Department of Brain Robot Interface, ATR Computational Neuroscience Laboratories, 2-2-2 Hikaridai, Seikacho, Soraku-gun, Kyoto 619-0288, Japan; Okinawa Institute of Science and Technology Graduate University, 1919-1 Tancha, Onna-son, Okinawa 904-0495, Japan.
Okinawa Institute of Science and Technology Graduate University, 1919-1 Tancha, Onna-son, Okinawa 904-0495, Japan.
Neural Netw. 2016 Dec;84:17-27. doi: 10.1016/j.neunet.2016.07.013. Epub 2016 Aug 26.
Free-energy based reinforcement learning (FERL) was proposed for learning in high-dimensional state and action spaces. However, the FERL method does only really work well with binary, or close to binary, state input, where the number of active states is fewer than the number of non-active states. In the FERL method, the value function is approximated by the negative free energy of a restricted Boltzmann machine (RBM). In our earlier study, we demonstrated that the performance and the robustness of the FERL method can be improved by scaling the free energy by a constant that is related to the size of network. In this study, we propose that RBM function approximation can be further improved by approximating the value function by the negative expected energy (EERL), instead of the negative free energy, as well as being able to handle continuous state input. We validate our proposed method by demonstrating that EERL: (1) outperforms FERL, as well as standard neural network and linear function approximation, for three versions of a gridworld task with high-dimensional image state input; (2) achieves new state-of-the-art results in stochastic SZ-Tetris in both model-free and model-based learning settings; and (3) significantly outperforms FERL and standard neural network function approximation for a robot navigation task with raw and noisy RGB images as state input and a large number of actions.

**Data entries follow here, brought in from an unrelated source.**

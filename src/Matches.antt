-- ===== src/Matches.antt =====
-- packages/matches: the states of a match and of a dispute, and the result of a match.
pub mod Status
pub mod Outcomes
pub mod Courses
pub mod Results
pub mod Candidates
pub mod Accepted
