-- ===== src/Matchmaking.antt =====
-- packages/matchmaking: the requests, and which two of them may be matched.
pub mod Types
pub mod Compatibility
pub mod Symmetry
pub mod Matched
pub mod Engine
pub mod Best
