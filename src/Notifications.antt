-- ===== src/Notifications.antt =====
-- packages/notifications: the outbox of messages, and their delivery with retries.
pub mod Types
pub mod Policies
pub mod Outbox
pub mod Delivery
pub mod Transitions
pub mod Attempts
pub mod Delays
pub mod Results
pub mod Progress
pub mod Rounds
pub mod Blocked
pub mod Returns
pub mod Lifecycle
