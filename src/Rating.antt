-- ===== src/Rating.antt =====
-- packages/rating: the rating policy and the Elo calculation.
pub mod Policy
pub mod Elo
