-- ===== src/Wallet.antt =====
-- The wallet package (packages/wallet/src): amounts and policies, the repository's transactions
-- on the ledger tables, and the services before it.
pub mod Policies
pub mod Amount
pub mod Fingerprint
pub mod Repository
pub mod Posting
pub mod Service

基于自由能的强化学习(FERL)被提出用于学习高维状态和动作空间。然而,FERL 方法仅在二进制或接近二进制的状态输入下真正有效,其中活跃状态的数量少于非活跃状态的数量。在 FERL 方法中,值函数通过受限玻尔兹曼机(RBM)的负自由能来近似。在我们之前的研究中,我们证明了通过将自由能乘以与网络大小相关的常数,可以提高 FERL 方法的性能和鲁棒性。在这项研究中,我们提出通过使用负期望能量(EERL)来近似值函数,而不是负自由能,以及能够处理连续状态输入,可以进一步改进 RBM 函数逼近。我们通过证明 EERL:(1)在具有高维图像状态输入的三个网格世界任务版本中,优于 FERL 以及标准神经网络和线性函数逼近;(2)在无模型和基于模型的学习设置下,在随机 SZ-Tetris 中达到新的最先进结果;(3)在具有原始和嘈杂 RGB 图像作为状态输入和大量动作的机器人导航任务中,显著优于 FERL 和标准神经网络函数逼近,验证了我们的方法。